- by New Deal democrat
There’s no significant economic news until Wednsday’s jobs report, as to which Scott Bessent gave an interview this morning on CNBC which amounted to, “Don’t Panic!!!” Which I am sure inspires confidence in everybody (I’ve been expecting downward revisions to much of last year as part of the annual benchmarking, so that could be primarily what we will see).
Anyway, another important report later this week will be an updated CPI, as to which the important dynamics are shelter (where I’ve been expecting disinflation) and all other components (as to which I’ve been expecting re-inflation).
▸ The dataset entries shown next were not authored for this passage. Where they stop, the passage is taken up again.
-- ===== src/Ledger/Posting.antt =====
-- backend/ledger_service/service/posting.py: the write path of the ledger. A session that holds the
-- account locks reads and writes alone, so a post is a function of the tables that it commits or
-- leaves. A session that loses a race on a key re-reads under its savepoint and replays, which is this
-- function on the tables that the winner left.
pub mod Legs
pub mod Floors
pub mod Nets
mod Drops
mod Solvency
pub mod Steps
pub mod Moves
pub mod Overdraft
pub mod Balance
pub mod Feed
pub mod Retry
pub mod Returned
use cs.Base.{
  ℕ, zero, suc, ◌+◌, ◌≤◌, Bool, true, false, not, Option, none, some, List, [], ◌∷◌, ◌++◌, map,
  length, any, ltb, leb, ◌==◌, ◌&&◌, ◌||◌, if◌then◌else◌, Outcome, ok, err, ◌>>=◌, ◌>>◌, raise_if,
  max,
}
use cs.Base.Int.{ℤ, pos, ◌+ℤ◌}
use cs.Base.Text.{Text, text_eq}
use cs.Ledger.Rows.{
  Account, Transaction, TransactionKind, Entry, Tables, TransactionContext, LedgerError,
  malformed_batch, unbalanced_transaction, idempotency_key_reused, pending_writes_on_replay,
}
use cs.Ledger.Posting.Legs.{
  Leg, Movement, Hashing, quantized_legs, require_balanced, fingerprint, has_malformed_drop,
  account_ids_of,
}
use cs.Ledger.Posting.Floors.{refuse_overdrafts}

unfoldable pub is_repeated : Text → List Movement → Bool
is_repeated key [] = false
is_repeated key (m ∷ rest) = text_eq key m.idempotency_key || is_repeated key rest

unfoldable pub has_repeated_key : List Movement → Bool
unfolding is_repeated
has_repeated_key [] = false
has_repeated_key (m ∷ rest) = is_repeated m.idempotency_key rest || has_repeated_key rest

module _ (account : ℕ → Account) where
  unfoldable pub refuse_if_malformed_batch : List Movement → Outcome LedgerError Unit
  unfolding has_repeated_key
  refuse_if_malformed_batch [] = err malformed_batch
  refuse_if_malformed_batch (m ∷ rest) =
      raise_if (has_repeated_key (m ∷ rest)) malformed_batch
      >> raise_if (any (has_malformed_drop account) (m ∷ rest)) malformed_batch

-- Each movement with its rounded legs.
abbrev pub Batch : Type 0
Batch = List (Movement × List (Leg ℤ))

unfoldable pub batch_legs : List Movement → Batch
unfolding quantized_legs
batch_legs [] = []
batch_legs (m ∷ rest) = (m, quantized_legs m.legs) ∷ batch_legs rest

unfoldable pub require_all_balanced : Batch → Outcome LedgerError Unit
unfolding require_balanced
require_all_balanced [] = ok tt
require_all_balanced ((m, legs) ∷ rest) = require_balanced legs >> require_all_balanced rest

-- `find_by_idempotency_key`; the unique index lets one transaction have a key.
unfoldable pub find_by_idempotency_key : List Transaction → Text → Option Transaction
find_by_idempotency_key [] key = none
find_by_idempotency_key (t ∷ rest) key =
    if text_eq t.idempotency_key key then some t else find_by_idempotency_key rest key

-- `if existing`: some key of the batch is taken.
unfoldable pub any_key_taken : List Transaction → Batch → Bool
unfolding find_by_idempotency_key
any_key_taken transactions [] = false
any_key_taken transactions ((m, legs) ∷ rest) =
    elim (find_by_idempotency_key transactions m.idempotency_key) [ none ↦ false | some t ↦ true ]
    || any_key_taken transactions rest

-- `any(key not in found for key in keys)`
unfoldable pub any_key_missing : List Transaction → Batch → Bool
any_key_missing transactions [] = false
any_key_missing transactions ((m, legs) ∷ rest) =
    elim (find_by_idempotency_key transactions m.idempotency_key) [ none ↦ true | some t ↦ false ]
    || any_key_missing transactions rest

-- `_replay`
unfoldable pub replay : Transaction → Text → Outcome LedgerError Transaction
replay existing print =
    raise_if (not (text_eq existing.request_fingerprint print)) idempotency_key_reused
    >> ok existing

newest_of : ℕ → List Entry → Option ℕ
newest_of account_id [] = none
newest_of account_id (entry ∷ rest) =
    let later = newest_of account_id rest in
    if entry.account_id == account_id
    then some (elim later [ none ↦ entry.created_at | some t ↦ max entry.created_at t ])
    else later

-- `_stamp_after_newest`, with one microsecond as the tick.
unfoldable pub stamp_after_newest : List Entry → List ℕ → ℕ → ℕ
unfolding newest_of
stamp_after_newest entries [] stamp = stamp
stamp_after_newest entries (account_id ∷ rest) stamp =
    stamp_after_newest entries rest (elim (newest_of account_id entries) [
      | none ↦ stamp
      | some newest ↦ if ltb stamp (newest + 1) then newest + 1 else stamp
    ])

-- One entry for each leg, all at the transaction's stamp.
unfoldable pub entries_of : ℕ → ℕ → List (Leg ℤ) → List Entry
entries_of transaction_id stamp [] = []
entries_of transaction_id stamp (leg ∷ rest) =
    record {
      transaction_id = transaction_id;
      account_id = leg.account_id;
      amount = leg.amount;
      created_at = stamp;
    }
    ∷ entries_of transaction_id stamp rest

-- Every account of the batch, as often as a leg names it.
unfoldable pub all_accounts_of : Batch → List ℕ
unfolding account_ids_of
all_accounts_of [] = []
all_accounts_of ((m, legs) ∷ rest) = account_ids_of legs ++ all_accounts_of rest

unfoldable pub appended : Tables → List Transaction × List Entry → Tables
appended s (transactions, entries) = record s {
  transactions = s.transactions ++ transactions;
  entries = s.entries ++ entries;
}

-- `(transaction,) = ...`
abbrev pub only_one : List Transaction → Tables → Outcome LedgerError (Transaction × Tables)
only_one [] after = err malformed_batch
only_one (t ∷ rest) after = ok (t, after)

module _ (hashing : Hashing) where
  -- `_replay_batch`, past its two refusals
  unfoldable pub replay_all : List Transaction → Batch → Outcome LedgerError (List Transaction)
  replay_all transactions [] = ok []
  replay_all transactions ((m, legs) ∷ rest) =
      elim (find_by_idempotency_key transactions m.idempotency_key) [
        | none ↦ err idempotency_key_reused
        | some existing ↦ (do
          replayed ← replay existing (fingerprint hashing m.kind legs)
          others ← replay_all transactions rest
          ok (replayed ∷ others))
      ]

  unfoldable pub replay_batch :
      List Transaction → Batch → Bool → Outcome LedgerError (List Transaction)
  replay_batch transactions batch caller_pending = do
    raise_if caller_pending pending_writes_on_replay
    raise_if (any_key_missing transactions batch) idempotency_key_reused
    replay_all transactions batch

  unfoldable pub transaction_of : (ℕ → ℕ) → ℕ → Movement → List (Leg ℤ) → ℕ → Transaction
  transaction_of new_id index movement legs stamp = record {
    id = new_id index;
    kind = movement.kind;
    idempotency_key = movement.idempotency_key;
    request_fingerprint = fingerprint hashing movement.kind legs;
    occurred_at = stamp;
    context = movement.context;
  }

  -- The loop over the batch: movement `index` lands at the first stamp plus `index` microseconds.
  unfoldable pub built : (ℕ → ℕ) → ℕ → ℕ → Batch → List Transaction × List Entry
  unfolding entries_of transaction_of
  built new_id first_stamp index [] = ([], [])
  built new_id first_stamp index ((m, legs) ∷ rest) =
      let (transactions, entries) = built new_id first_stamp (suc index) rest in
      (
        transaction_of new_id index m legs (first_stamp + index) ∷ transactions,
        entries_of (new_id index) (first_stamp + index) legs ++ entries,
      )

  module _ (account : ℕ → Account) where
    -- `post_all`: the transactions and the tables after the commit. `s` holds the caller's pending
    -- writes, which the same commit makes lasting.
    unfoldable pub post_all :
        (ℕ → ℕ)
        → Bool
        → ℕ
        → List Movement
        → Tables
        → Outcome LedgerError (List Transaction × Tables)
    post_all new_id caller_pending now movements s = do
      refuse_if_malformed_batch account movements
      let batch = batch_legs movements
      require_all_balanced batch
      if any_key_taken s.transactions batch
          then (replay_batch s.transactions batch caller_pending >>= (λ replayed. ok (replayed, s)))
          else (do
            refuse_overdrafts account s batch
            let first_stamp = stamp_after_newest s.entries (all_accounts_of batch) now
            let rows = built new_id first_stamp 0 batch
            ok (rows.0, appended s rows))

    -- `post`: a batch of one, of which `post_all` returns one transaction
    unfoldable pub post :
        (ℕ → ℕ) → Bool → ℕ → Movement → Tables → Outcome LedgerError (Transaction × Tables)
    post new_id caller_pending now movement s =
        post_all new_id caller_pending now (movement ∷ []) s
        >>= (λ posted. only_one posted.0 posted.1)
In any event, the BLS finally updated its “New-“ and “All Tenants Rent Index” last week.
To recapitulate, the “New Tenants” index is very leading, but very noisy; whereas the “All Tenants” index is less leading, but generally does follow the “new tenants” index, but leads with far closer correlation the shelter component of CPI.
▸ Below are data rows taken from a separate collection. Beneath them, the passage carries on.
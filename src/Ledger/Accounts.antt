-- ===== src/Ledger/Accounts.antt =====
-- backend/ledger_service/service/accounts.py and service/grants.py. An account has no state but its row,
-- and the unique index keeps one row for a kind and an owner, so `ensure` is the row's id.
pub mod Grants
pub mod Ids
use cs.Base.{
  ℕ, ◌≡◌, Bool, Option, none, some, List, [], ◌∷◌, ◌++◌, Outcome, ok, err, ◌>>=◌, ◌>>◌, true,
}
use cs.Base.Int.{ℤ, pos, neg}
use cs.Base.Text.{Text}
use cs.Base.Decimal.{Decimal}
use cs.Ledger.Rows.{
  Account, AccountKind, user, platform, market_pool, Tables, LedgerError, signup_grant, granted,
  Transaction,
}
use cs.Ledger.Posting.Legs.{Leg, Movement, Hashing}
use cs.Ledger.Posting.{post, find_by_idempotency_key}

-- The accounts' rows by id, the id that each row has, the digests, and `str` of a UUID and of a
-- counter.
pub record World : Type 0 where
  pub account : ℕ → Account
  pub id_of : AccountKind → ℕ → ℕ
  pub hashing : Hashing
  pub str_uuid : ℕ → Text
  pub str_int : ℕ → Text

-- The unique index on the accounts, and one text for each UUID
pub record IsWorld (world : World) : Type 0 where
  pub account_at :
      (kind : AccountKind) (owner : ℕ)
      → world.account (world.id_of kind owner) ≡ record { kind = kind; owner_id = owner }
  pub str_injective : (a b : ℕ) → world.str_uuid a ≡ world.str_uuid b → a ≡ b

-- `PLATFORM_OWNER_ID`
abbrev pub platform_owner_id : ℕ
platform_owner_id = 0

-- `ensure_platform`
abbrev pub platform_id : World → ℕ
platform_id world = world.id_of platform platform_owner_id

-- The amount at a place after the point, and its negative
abbrev pub negated : Decimal → Decimal
negated amount = record amount { coefficient = neg amount.coefficient }

-- Credits from one account to another, with no reservation to lower
unfoldable pub transfer : ℕ → ℕ → Decimal → List (Leg Decimal)
transfer source target amount =
    record { account_id = source; amount = negated amount }
    ∷ record { account_id = target; amount = amount }
    ∷ []

abbrev pub no_drop : Decimal
no_drop = record { coefficient = pos 0; places = 0 }

-- "signup-grant:"
abbrev signup_grant_prefix : Text
signup_grant_prefix = 115 ∷ 105 ∷ 103 ∷ 110 ∷ 117 ∷ 112 ∷ 45 ∷ 103 ∷ 114 ∷ 97 ∷ 110 ∷ 116 ∷ 58 ∷ []

unfoldable pub grant_key : World → ℕ → Text
grant_key world user_id = signup_grant_prefix ++ world.str_uuid user_id

unfoldable pub grant_of : World → Decimal → ℕ → Movement
unfolding grant_key transfer
grant_of world amount user_id = record {
  idempotency_key = grant_key world user_id;
  kind = signup_grant;
  legs = transfer (platform_id world) (world.id_of user user_id) amount;
  context = granted user_id;
  reservation_drop = no_drop;
}

-- `ensure_granted`: the user's account, and the tables with the grant that it made
unfoldable pub ensure_granted :
    World → (ℕ → ℕ) → Bool → ℕ → Decimal → ℕ → Tables → Outcome LedgerError (ℕ × Tables)
unfolding grant_of
ensure_granted world new_id caller_pending now starting_credits user_id s =
    elim (find_by_idempotency_key s.transactions (grant_key world user_id)) [
      | some existing ↦ ok (world.id_of user user_id, s)
      | none ↦
          post world.hashing world.account new_id caller_pending now
            (grant_of world starting_credits user_id) s
          >>= (λ posted. ok (world.id_of user user_id, posted.1))
    ]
In Q2, the new tenants measure fell off a cliff, with an actual negative YoY number, at -2.4%, while the All Tenants component remained positive, at +3.3% YoY. As per above, both led the shelter component of CPI:
In the Q3 report released last week, the “New Tenants” component rebounded to +1.2%, while the “All Tenants” component disinflated further, to 2.9% YoY:
Unfortunately, I haven’t been able to find a graph showing the updated “All Tenants” component, which is why I showed you the first graph above.
As I’ve been updating over the past several months, the FHFA and Case Shiller repeat home sales indexes (not shown) have been at nearly 15 year lows in the vicinity of +1.5% YoY for the past few months. The latest New- and All-Tenants Rent index confirms that disinflation in the rental market.
Because both of these lead CPI for shelter with a substantial delay, this is potent information suggesting that this important component of the CPI is going to continue to show slowing inflation from its last reading of +3.2% YoY (itself a 4 year low) in the months ahead.